DESCRIPTION OF THE TASK:
Write back each entry precisely as it is given.

[Collected data entries]
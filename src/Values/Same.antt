-- ===== src/Values/Same.antt =====
-- What it means that a comparison of two values comes out equal.
use corto.Base.{
  ℕ, zero, suc, ◌≡◌, refl, sym, ap, ◌∙◌, subst, ◌↔◌, ◌⊎◌, inl, inr, true, false, ◌||◌, Option, none,
  some, arith, Bool-cases, Option-cases,
}
use corto.Base.Int.{ℤ, eqb_ℤ, eqb_ℤ_sound, eqb_ℤ_refl}
use corto.Values.{
  eq, neq, Desc, number, floating, text, reference, no_members, member, union, collection, Val,
  Platform, Visit, every, only, same_case, compare_floating, compare_number, walk_values,
  ptr_compare,
}
use corto.Values.Parts.{
  compare_number_sound, compare_number_refl, compare_text_sound, compare_text_complete, content,
  same_case_sound, same_case_refl, and_then-parts, SameElements, collection_sound,
  collection_complete,
}

-- The case of a union, if there is one.
abbrev InCase : Option ℕ → (ℕ → Type 0) → Type 0
InCase none P = Unit
InCase (some k) P = P k

agree :
    (find_case : ℤ → Option ℕ) (d e : ℤ)
    → (eqb_ℤ d e || same_case (find_case d) (find_case e)) ≡ true
    → (d ≡ e) ⊎ (find_case d ≡ find_case e)
agree find_case d e h = elim (Bool-cases (eqb_ℤ d e)) [
  | inl b ↦ inl (eqb_ℤ_sound d e b)
  | inr b ↦ inr (same_case_sound (find_case d) (find_case e) (sym (rw b refl) ∙ h))
]

agreed :
    (find_case : ℤ → Option ℕ) (d e : ℤ)
    → (d ≡ e) ⊎ (find_case d ≡ find_case e)
    → (eqb_ℤ d e || same_case (find_case d) (find_case e)) ≡ true
agreed find_case d e (inl h) = rw (ap (eqb_ℤ d) (sym h) ∙ eqb_ℤ_refl d) refl
agreed find_case d e (inr h) =
    let same : same_case (find_case d) (find_case e) ≡ true =
      ap (same_case (find_case d)) (sym h) ∙ same_case_refl (find_case d) in
    ground arith

module _ (p : Platform) where
  -- Two values that a comparison takes for the same, member by member of those that it visits.
  abbrev pub IsSame : Visit → (t : Desc) → Val t → Val t → Type 0
  IsSame visit number a b = a ≡ b
  IsSame visit floating a b = (p.less a b ≡ false) × (p.less b a ≡ false)
  IsSame visit text a b = content a ≡ content b
  IsSame visit reference a b = a ≡ b
  IsSame visit no_members a b = Unit
  IsSame every (member shown t rest) (a, v) (b, w) =
      (shown ≡ true → IsSame every t a b) × IsSame every rest v w
  IsSame (only zero) (member shown t rest) (a, v) (b, w) = shown ≡ true → IsSame every t a b
  IsSame (only (suc k)) (member shown t rest) (a, v) (b, w) = IsSame (only k) rest v w
  IsSame visit (union find_case cases) (d, v) (e, w) =
      ((d ≡ e) ⊎ (find_case d ≡ find_case e))
      × InCase (find_case d) (λ k. IsSame (only k) cases v w)
  IsSame visit (collection s t) (a, xs) (b, ys) =
      SameElements (walk_values p every t) (p.bytes t) (IsSame every t) s (a, xs) (b, ys)

  floating_sound :
      (a b : ℕ) → compare_floating p a b ≡ eq → (p.less a b ≡ false) × (p.less b a ≡ false)
  unfolding compare_floating
  floating_sound a b e = ground arith

  floating_complete :
      (a b : ℕ) → (p.less a b ≡ false) × (p.less b a ≡ false) → compare_floating p a b ≡ eq
  unfolding compare_floating
  floating_complete a b (h, k) = rw (h, k) refl

  walk_sound :
      (visit : Visit) (t : Desc) (v w : Val t) → walk_values p visit t v w ≡ eq → IsSame visit t v w
  unfolding walk_values
  walk_sound visit number a b e = compare_number_sound a b e
  walk_sound visit floating a b e = floating_sound a b e
  walk_sound visit text a b e = compare_text_sound a b e
  walk_sound visit reference a b e = ground arith
  walk_sound visit no_members a b e = tt
  walk_sound every (member true t rest) (a, v) (b, w) e =
      let (h, k) = and_then-parts (walk_values p every t a b) (walk_values p every rest v w) e in
      ((λ _. walk_sound every t a b h), walk_sound every rest v w k)
  walk_sound every (member false t rest) (a, v) (b, w) e =
      ((λ q. absurd (cc)), walk_sound every rest v w e)
  walk_sound (only zero) (member true t rest) (a, v) (b, w) e = λ _. walk_sound every t a b e
  walk_sound (only zero) (member false t rest) (a, v) (b, w) e = λ q. absurd (cc)
  walk_sound (only (suc k)) (member shown t rest) (a, v) (b, w) e = walk_sound (only k) rest v w e
  walk_sound visit (union find_case cases) (d, v) (e, w) h =
      elim (Bool-cases (eqb_ℤ d e || same_case (find_case d) (find_case e))) [
        | inr b ↦
            let differ : walk_values p visit (union find_case cases) (d, v) (e, w) ≡ neq =
              rw (walk_values, b) refl in
            absurd (cc)
        | inl b ↦ (
          agree find_case d e b,
          elim (Option-cases (find_case d)) [
            | inl q ↦ rw q tt
            | inr (k, q) ↦
                let inside : walk_values p visit (union find_case cases) (d, v) (e, w)
                    ≡ walk_values p (only k) cases v w =
                  rw (walk_values, b, q) refl in
                rw q (walk_sound (only k) cases v w (sym inside ∙ h))
          ],
        )
      ]
  walk_sound visit (collection s t) (a, xs) (b, ys) e =
      collection_sound (walk_values p every t) (p.bytes t) (IsSame every t) (walk_sound every t) s a
        b xs ys e

  walk_complete :
      (visit : Visit) (t : Desc) (v w : Val t) → IsSame visit t v w → walk_values p visit t v w ≡ eq
  unfolding walk_values
  walk_complete visit number a b e = ap (compare_number a) (sym e) ∙ compare_number_refl a
  walk_complete visit floating a b e = floating_complete a b e
  walk_complete visit text a b e = compare_text_complete a b e
  walk_complete visit reference a b e = ground arith
  walk_complete visit no_members a b e = refl
  walk_complete every (member true t rest) (a, v) (b, w) (h, k) =
      rw (walk_complete every t a b (h refl)) (walk_complete every rest v w k)
  walk_complete every (member false t rest) (a, v) (b, w) (h, k) = walk_complete every rest v w k
  walk_complete (only zero) (member true t rest) (a, v) (b, w) h =
      walk_complete every t a b (h refl)
  walk_complete (only zero) (member false t rest) (a, v) (b, w) h = refl
  walk_complete (only (suc k)) (member shown t rest) (a, v) (b, w) h =
      walk_complete (only k) rest v w h
  walk_complete visit (union find_case cases) (d, v) (e, w) (h, k) =
      elim (Option-cases (find_case d)) [
        | inl q ↦ rw (walk_values, agreed find_case d e h, q) refl
        | inr (j, q) ↦
            rw (walk_values, agreed find_case d e h, q)
              (walk_complete (only j) cases v w
                (subst (λ o. InCase o (λ k. IsSame (only k) cases v w)) q k))
      ]
  walk_complete visit (collection s t) (a, xs) (b, ys) h =
      collection_complete (walk_values p every t) (p.bytes t) (IsSame every t)
        (walk_complete every t) s a b xs ys h

  pub ptr_compare_iff : (t : Desc) (v w : Val t) → (ptr_compare p t v w ≡ eq) ↔ IsSame every t v w
  unfolding ptr_compare
  ptr_compare_iff t v w = (walk_sound every t v w, walk_complete every t v w)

RESULT OF THIS TASK:
filename src/Values/Same.antt
-- ===== src/Values/Same.antt =====
-- What it means that a comparison of two values comes out equal.
use corto.Base.{
  ℕ, zero, suc, ◌≡◌, refl, sym, ap, ◌∙◌, subst, ◌↔◌, ◌⊎◌, inl, inr, true, false, ◌||◌, Option, none,
  some, arith, Bool-cases, Option-cases,
}
use corto.Base.Int.{ℤ, eqb_ℤ, eqb_ℤ_sound, eqb_ℤ_refl}
use corto.Values.{
  eq, neq, Desc, number, floating, text, reference, no_members, member, union, collection, Val,
  Platform, Visit, every, only, same_case, compare_floating, compare_number, walk_values,
  ptr_compare,
}
use corto.Values.Parts.{
  compare_number_sound, compare_number_refl, compare_text_sound, compare_text_complete, content,
  same_case_sound, same_case_refl, and_then-parts, SameElements, collection_sound,
  collection_complete,
}

-- The case of a union, if there is one.
abbrev InCase : Option ℕ → (ℕ → Type 0) → Type 0
InCase none P = Unit
InCase (some k) P = P k

agree :
    (find_case : ℤ → Option ℕ) (d e : ℤ)
    → (eqb_ℤ d e || same_case (find_case d) (find_case e)) ≡ true
    → (d ≡ e) ⊎ (find_case d ≡ find_case e)
agree find_case d e h = elim (Bool-cases (eqb_ℤ d e)) [
  | inl b ↦ inl (eqb_ℤ_sound d e b)
  | inr b ↦ inr (same_case_sound (find_case d) (find_case e) (sym (rw b refl) ∙ h))
]

agreed :
    (find_case : ℤ → Option ℕ) (d e : ℤ)
    → (d ≡ e) ⊎ (find_case d ≡ find_case e)
    → (eqb_ℤ d e || same_case (find_case d) (find_case e)) ≡ true
agreed find_case d e (inl h) = rw (ap (eqb_ℤ d) (sym h) ∙ eqb_ℤ_refl d) refl
agreed find_case d e (inr h) =
    let same : same_case (find_case d) (find_case e) ≡ true =
      ap (same_case (find_case d)) (sym h) ∙ same_case_refl (find_case d) in
    ground arith

module _ (p : Platform) where
  -- Two values that a comparison takes for the same, member by member of those that it visits.
  abbrev pub IsSame : Visit → (t : Desc) → Val t → Val t → Type 0
  IsSame visit number a b = a ≡ b
  IsSame visit floating a b = (p.less a b ≡ false) × (p.less b a ≡ false)
  IsSame visit text a b = content a ≡ content b
  IsSame visit reference a b = a ≡ b
  IsSame visit no_members a b = Unit
  IsSame every (member shown t rest) (a, v) (b, w) =
      (shown ≡ true → IsSame every t a b) × IsSame every rest v w
  IsSame (only zero) (member shown t rest) (a, v) (b, w) = shown ≡ true → IsSame every t a b
  IsSame (only (suc k)) (member shown t rest) (a, v) (b, w) = IsSame (only k) rest v w
  IsSame visit (union find_case cases) (d, v) (e, w) =
      ((d ≡ e) ⊎ (find_case d ≡ find_case e))
      × InCase (find_case d) (λ k. IsSame (only k) cases v w)
  IsSame visit (collection s t) (a, xs) (b, ys) =
      SameElements (walk_values p every t) (p.bytes t) (IsSame every t) s (a, xs) (b, ys)

  floating_sound :
      (a b : ℕ) → compare_floating p a b ≡ eq → (p.less a b ≡ false) × (p.less b a ≡ false)
  unfolding compare_floating
  floating_sound a b e = ground arith

  floating_complete :
      (a b : ℕ) → (p.less a b ≡ false) × (p.less b a ≡ false) → compare_floating p a b ≡ eq
  unfolding compare_floating
  floating_complete a b (h, k) = rw (h, k) refl

  walk_sound :
      (visit : Visit) (t : Desc) (v w : Val t) → walk_values p visit t v w ≡ eq → IsSame visit t v w
  unfolding walk_values
  walk_sound visit number a b e = compare_number_sound a b e
  walk_sound visit floating a b e = floating_sound a b e
  walk_sound visit text a b e = compare_text_sound a b e
  walk_sound visit reference a b e = ground arith
  walk_sound visit no_members a b e = tt
  walk_sound every (member true t rest) (a, v) (b, w) e =
      let (h, k) = and_then-parts (walk_values p every t a b) (walk_values p every rest v w) e in
      ((λ _. walk_sound every t a b h), walk_sound every rest v w k)
  walk_sound every (member false t rest) (a, v) (b, w) e =
      ((λ q. absurd (cc)), walk_sound every rest v w e)
  walk_sound (only zero) (member true t rest) (a, v) (b, w) e = λ _. walk_sound every t a b e
  walk_sound (only zero) (member false t rest) (a, v) (b, w) e = λ q. absurd (cc)
  walk_sound (only (suc k)) (member shown t rest) (a, v) (b, w) e = walk_sound (only k) rest v w e
  walk_sound visit (union find_case cases) (d, v) (e, w) h =
      elim (Bool-cases (eqb_ℤ d e || same_case (find_case d) (find_case e))) [
        | inr b ↦
            let differ : walk_values p visit (union find_case cases) (d, v) (e, w) ≡ neq =
              rw (walk_values, b) refl in
            absurd (cc)
        | inl b ↦ (
          agree find_case d e b,
          elim (Option-cases (find_case d)) [
            | inl q ↦ rw q tt
            | inr (k, q) ↦
                let inside : walk_values p visit (union find_case cases) (d, v) (e, w)
                    ≡ walk_values p (only k) cases v w =
                  rw (walk_values, b, q) refl in
                rw q (walk_sound (only k) cases v w (sym inside ∙ h))
          ],
        )
      ]
  walk_sound visit (collection s t) (a, xs) (b, ys) e =
      collection_sound (walk_values p every t) (p.bytes t) (IsSame every t) (walk_sound every t) s a
        b xs ys e

  walk_complete :
      (visit : Visit) (t : Desc) (v w : Val t) → IsSame visit t v w → walk_values p visit t v w ≡ eq
  unfolding walk_values
  walk_complete visit number a b e = ap (compare_number a) (sym e) ∙ compare_number_refl a
  walk_complete visit floating a b e = floating_complete a b e
  walk_complete visit text a b e = compare_text_complete a b e
  walk_complete visit reference a b e = ground arith
  walk_complete visit no_members a b e = refl
  walk_complete every (member true t rest) (a, v) (b, w) (h, k) =
      rw (walk_complete every t a b (h refl)) (walk_complete every rest v w k)
  walk_complete every (member false t rest) (a, v) (b, w) (h, k) = walk_complete every rest v w k
  walk_complete (only zero) (member true t rest) (a, v) (b, w) h =
      walk_complete every t a b (h refl)
  walk_complete (only zero) (member false t rest) (a, v) (b, w) h = refl
  walk_complete (only (suc k)) (member shown t rest) (a, v) (b, w) h =
      walk_complete (only k) rest v w h
  walk_complete visit (union find_case cases) (d, v) (e, w) (h, k) =
      elim (Option-cases (find_case d)) [
        | inl q ↦ rw (walk_values, agreed find_case d e h, q) refl
        | inr (j, q) ↦
            rw (walk_values, agreed find_case d e h, q)
              (walk_complete (only j) cases v w
                (subst (λ o. InCase o (λ k. IsSame (only k) cases v w)) q k))
      ]
  walk_complete visit (collection s t) (a, xs) (b, ys) h =
      collection_complete (walk_values p every t) (p.bytes t) (IsSame every t)
        (walk_complete every t) s a b xs ys h

  pub ptr_compare_iff : (t : Desc) (v w : Val t) → (ptr_compare p t v w ≡ eq) ↔ IsSame every t v w
  unfolding ptr_compare
  ptr_compare_iff t v w = (walk_sound every t v w, walk_complete every t v w)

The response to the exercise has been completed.